Pembrokeshire's many attraction is its stunning coastline and that has been the cause of my visiting the place on two occasions. Those were long weekend affairs so many unexplored parts remain, especially on the south coast. There's a National Park and a National Trail around these parts so that says something very good about the countryside and coastline that you will find if you take the trouble to spend some time there.
This is the official visitor website from the area's county council and it looks fairly comprehensive too. Unsurprisingly for an area with a coastal National Trail, there's information for walkers too but there are more activities featured than that one. Quite a few land and water based ones get a look in too, particularly on the council's activity and cycling subsidiary websites above. Of course, information of places to stay is part of the offer too as is a listing of events for those fancying the idea of attending one or more of these.
Pembrokeshire has some impressive coastline so that's why there's a national park for its preservation for future generations. The Preseli Hills near Newport and Ceredigion (or Cardigan) in the north also fall within its sway so its not all about the coast either. Antiquities such as St. David's Cathedral, Carew Castle (& Tidal Mill) and a fort dating from the Iron Age period are under its care too.
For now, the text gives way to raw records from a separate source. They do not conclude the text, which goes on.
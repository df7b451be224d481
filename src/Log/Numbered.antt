-- ===== src/Log/Numbered.antt =====
-- The sequence numbers in a buffer.
use task_hub.Runner.Task.{TaskId-Eq, TaskId, task_id_eq}
use native.Mathlib.Nat.{mod-eq_of_lt}
use task_hub.Prelude.{
  ℕ, List, [], ◌∷◌, ◌≡◌, refl, arith, ◌+◌, ◌-◌, ◌++◌, length, suc, Bool-cases, ◌≤◌, ltb, inl, inr,
  ◌<◌, take, find, ◌∙◌, length-append, some, Option-cases, find-put, drop, sym, ap, leb, zero,
}
use task_hub.Log.Buffer.{
  LogRecord, PerTaskBuf, trim, append, get_or_create, page, push_record, Bufs, stored_record,
}

-- The records are numbered from `s` on, without a gap.
abbrev pub Numbered : ℕ → List LogRecord → Type 0
Numbered s [] = Unit {0}
Numbered s (r ∷ rs) = (r.seq ≡ s) × Numbered (suc s) rs

-- A buffer holds at most `max` records, numbered without a gap up to the next number.
pub record IsLog (max : ℕ) (b : PerTaskBuf) : Type 0 where
  pub first : ℕ
  pub numbered : Numbered first b.q
  pub up_to_next : first + length b.q ≡ b.next_seq
  pub bounded : length b.q ≤ max

Numbered-append :
    (s : ℕ) (rs : List LogRecord) (r : LogRecord)
    → Numbered s rs
    → r.seq ≡ s + length rs
    → Numbered s (rs ++ r ∷ [])
Numbered-append s [] r n e = (omega arith, tt)
Numbered-append s (x ∷ rs) r n e = (n.0, Numbered-append (suc s) rs r n.1 (omega arith))

length-trim-le : (max : ℕ) (rs : List LogRecord) → length (trim max rs) ≤ max
unfolding trim
length-trim-le max [] = omega arith
length-trim-le max (r ∷ rs) = ground (arith, length-trim-le max rs)

-- What is trimmed is numbered up to the same number.
Numbered-trim :
    (max s : ℕ) (rs : List LogRecord)
    → Numbered s rs
    → (t : ℕ) × Numbered t (trim max rs) × (t + length (trim max rs) ≡ s + length rs)
unfolding trim
Numbered-trim max s [] n = (s, tt, refl)
Numbered-trim max s (r ∷ rs) n =
    let (t, m, e) = Numbered-trim max (suc s) rs n.1 in
    elim (Bool-cases (ltb max (suc (length rs)))) [
      | inl c ↦ rw c (t, m, omega arith)
      | inr c ↦ rw c (s, n, refl)
    ]

push_record-IsLog :
    (max : ℕ) (rec : LogRecord) (b : PerTaskBuf)
    → IsLog max b
    → b.next_seq + 1 < 18446744073709551616
    → IsLog max (push_record max rec b)
unfolding push_record stored_record
push_record-IsLog max rec b w h =
    let pushed = b.q ++ stored_record rec b ∷ [] in
    let (t, m, e) = Numbered-trim max w.first pushed (
      Numbered-append w.first b.q (stored_record rec b) w.numbered (omega (arith, w.up_to_next))) in
    record {
      first = t;
      numbered = m;
      up_to_next =
          e
          ∙ omega
              (arith, w.up_to_next, length-append b.q (stored_record rec b ∷ []), mod-eq_of_lt h);
      bounded = length-trim-le max pushed;
    }

get_or_create-IsLog :
    (max now : ℕ) (id : TaskId) (bufs : Bufs)
    → ((key : TaskId) (b : PerTaskBuf)
        → find key bufs ≡ some b
        → IsLog max b × (b.next_seq + 1 < 18446744073709551616))
    → IsLog max (get_or_create now id bufs)
      × ((get_or_create now id bufs).next_seq + 1 < 18446744073709551616)
unfolding get_or_create
get_or_create-IsLog max now id bufs w = elim (Option-cases (find id bufs)) [
  | inl e ↦
      rw (e, get_or_create)
        (record { first = 1; numbered = tt; up_to_next = refl; bounded = omega arith }, omega arith)
  | inr (b, e) ↦
      let (l, h) = w id b e in
      rw (e, get_or_create)
        (
          record {
            first = l.first;
            numbered = l.numbered;
            up_to_next = l.up_to_next;
            bounded = l.bounded;
          },
          h,
        )
]

-- Whatever is appended, while no sequence number reaches the end of its 64 bits, every buffer holds
-- at most the configured number of records, and these are numbered without a gap up to the next
-- number.
pub append-IsLog :
    (max now : ℕ) (rec : LogRecord) (bufs : Bufs)
    → ((key : TaskId) (b : PerTaskBuf)
        → find key bufs ≡ some b
        → IsLog max b × (b.next_seq + 1 < 18446744073709551616))
    → (key : TaskId) (b : PerTaskBuf) → find key (append max now rec bufs).1 ≡ some b
    → IsLog max b
unfolding append
append-IsLog max now rec bufs w key b e =
    let (l, h) = get_or_create-IsLog max now rec.task_id bufs w in
    let found =
      find-put rec.task_id key (push_record max rec (get_or_create now rec.task_id bufs)) bufs in
    elim (Bool-cases (task_id_eq rec.task_id key)) [
      | inl q ↦
          let same : push_record max rec (get_or_create now rec.task_id bufs) ≡ b = ground arith in
          rw (← same) (push_record-IsLog max rec (get_or_create now rec.task_id bufs) l h)
      | inr q ↦ (w key b (ground arith)).0
    ]

drop-nil : (n : ℕ) → drop {A = LogRecord} n [] ≡ []
drop-nil zero = refl
drop-nil (suc n) = refl

-- From a record that is asked for on, so many are given as there is room for.
page-take :
    (from_seq limit count s : ℕ) (room : ℕ) (rs : List LogRecord)
    → Numbered s rs
    → from_seq ≤ s
    → limit ≡ count + suc room
    → page from_seq limit count rs ≡ take (suc room) rs
unfolding page
page-take from_seq limit count s room [] n h l = refl
page-take from_seq limit count s zero (r ∷ rs) n h l = ground arith
page-take from_seq limit count s (suc room) (r ∷ rs) n h l =
    ground
      (arith, page-take from_seq limit (suc count) (suc s) room rs n.1 (omega arith) (omega arith))

-- From records numbered without a gap, the loop of `get` takes those from the number that is asked
-- for on, as many as the limit allows, for a limit of at least 1.
pub page-Numbered :
    (from_seq room s : ℕ) (rs : List LogRecord)
    → Numbered s rs
    → page from_seq (suc room) 0 rs ≡ take (suc room) (drop (from_seq - s) rs)
unfolding page
page-Numbered from_seq room s [] n = sym (ap (take (suc room)) (drop-nil (from_seq - s)))
page-Numbered from_seq room s (r ∷ rs) n = elim (Bool-cases (leb from_seq s)) [
  | inl e ↦
      let z : from_seq - s ≡ 0 = ground arith in
      rw z (page-take from_seq (suc room) 0 s room (r ∷ rs) n (ground arith) (omega arith))
  | inr e ↦
      let z : from_seq - s ≡ suc (from_seq - suc s) = ground arith in
      rw z (ground (arith, page-Numbered from_seq room (suc s) rs n.1))
]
Also, it offers information for those wanting to enjoy the scenery in a more active way (walking, cycling, surfing) and has a subsidiary website specifically for this purpose.
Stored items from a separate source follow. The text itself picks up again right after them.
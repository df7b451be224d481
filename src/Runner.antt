-- ===== src/Runner.antt =====
-- server/src/runner: what a task is, and how the runner tries it.
pub mod Task
pub mod Names
pub mod Retry
pub mod ConfigJson
pub mod ResultJson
This is a privately owned antiquity that is open to the public from spring to autumn and is very well preserved from any photos that I have seen. It was the birthplace of the scholar and chronicler Gerald of Wales or Gerald de Barri. There are Irish connections too and I am left wondering if this is linked to the Barry family name that pervades parts of Ireland today.
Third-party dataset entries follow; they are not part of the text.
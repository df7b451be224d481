-- ===== src/Runner/Names.antt =====
-- server/src/runner/task_common.h and task_config.h: the names of statuses and execution types,
-- written and read back.
use task_hub.Prelude.{ℕ, ◌≡◌, refl, map, [], ◌∷◌, arith, Text}
use task_hub.Runner.Task.{
  TaskStatus, status_name, status_of_name, TaskExecType, exec_type_name, exec_type_of_name,
  to_lower,
}

to_lower_idem : (c : ℕ) → to_lower (to_lower c) ≡ to_lower c
unfolding to_lower
to_lower_idem c = ground arith

map-to_lower_idem : (s : Text) → map to_lower (map to_lower s) ≡ map to_lower s
map-to_lower_idem [] = refl
map-to_lower_idem (c ∷ s) = ground (arith, to_lower_idem c, map-to_lower_idem s)

-- Every status is read back from its own name.
pub status_of_name-status_name : (s : TaskStatus) → status_of_name (status_name s) ≡ s
unfolding status_of_name status_name
status_of_name-status_name TaskStatus.pending = refl
status_of_name-status_name _ = refl

-- Every execution type is read back from its own name, also in lower case.
pub exec_type_of_name-exec_type_name :
    (t : TaskExecType)
    → (exec_type_of_name (exec_type_name t) ≡ t)
      × (exec_type_of_name (map to_lower (exec_type_name t)) ≡ t)
unfolding exec_type_of_name exec_type_name
exec_type_of_name-exec_type_name TaskExecType.local = (refl, refl)
exec_type_of_name-exec_type_name _ = (refl, refl)

-- The case of letters does not count when a status is read.
pub status_of_name-map-to_lower : (s : Text) → status_of_name (map to_lower s) ≡ status_of_name s
unfolding status_of_name
status_of_name-map-to_lower s = rw (map-to_lower_idem s)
It today is owned by a charitable trust and is open throughout the year but this was the birthplace of the Tudor King Henry VII. The latter fact guarantees its historic appeal and it looks to be well preserved too. That's not to say that additional effort hasn't been put into extras for luring visitors. After all, events are hosted, tours are given and displays have been installed to add to the sense of history that is here.
The main reason for Wales not having an internal north to south railway line like other countries is how hilly it is at its heart. That disconnection can make the northern coastline utterly detached from its southern counterpart. However, these hills have a lot to offer and Powys is where you will find most of them. The Brecon Beacons, Black Mountain and Black Mountains are found within a National Park but there are many others like the Cambrian Mountains that are lesser known. Though some might like guided walks like those offered by companies like Dragon Trails, its makes for plenty of quiet spots for discerning hill walkers who seek out restorative silent solitude.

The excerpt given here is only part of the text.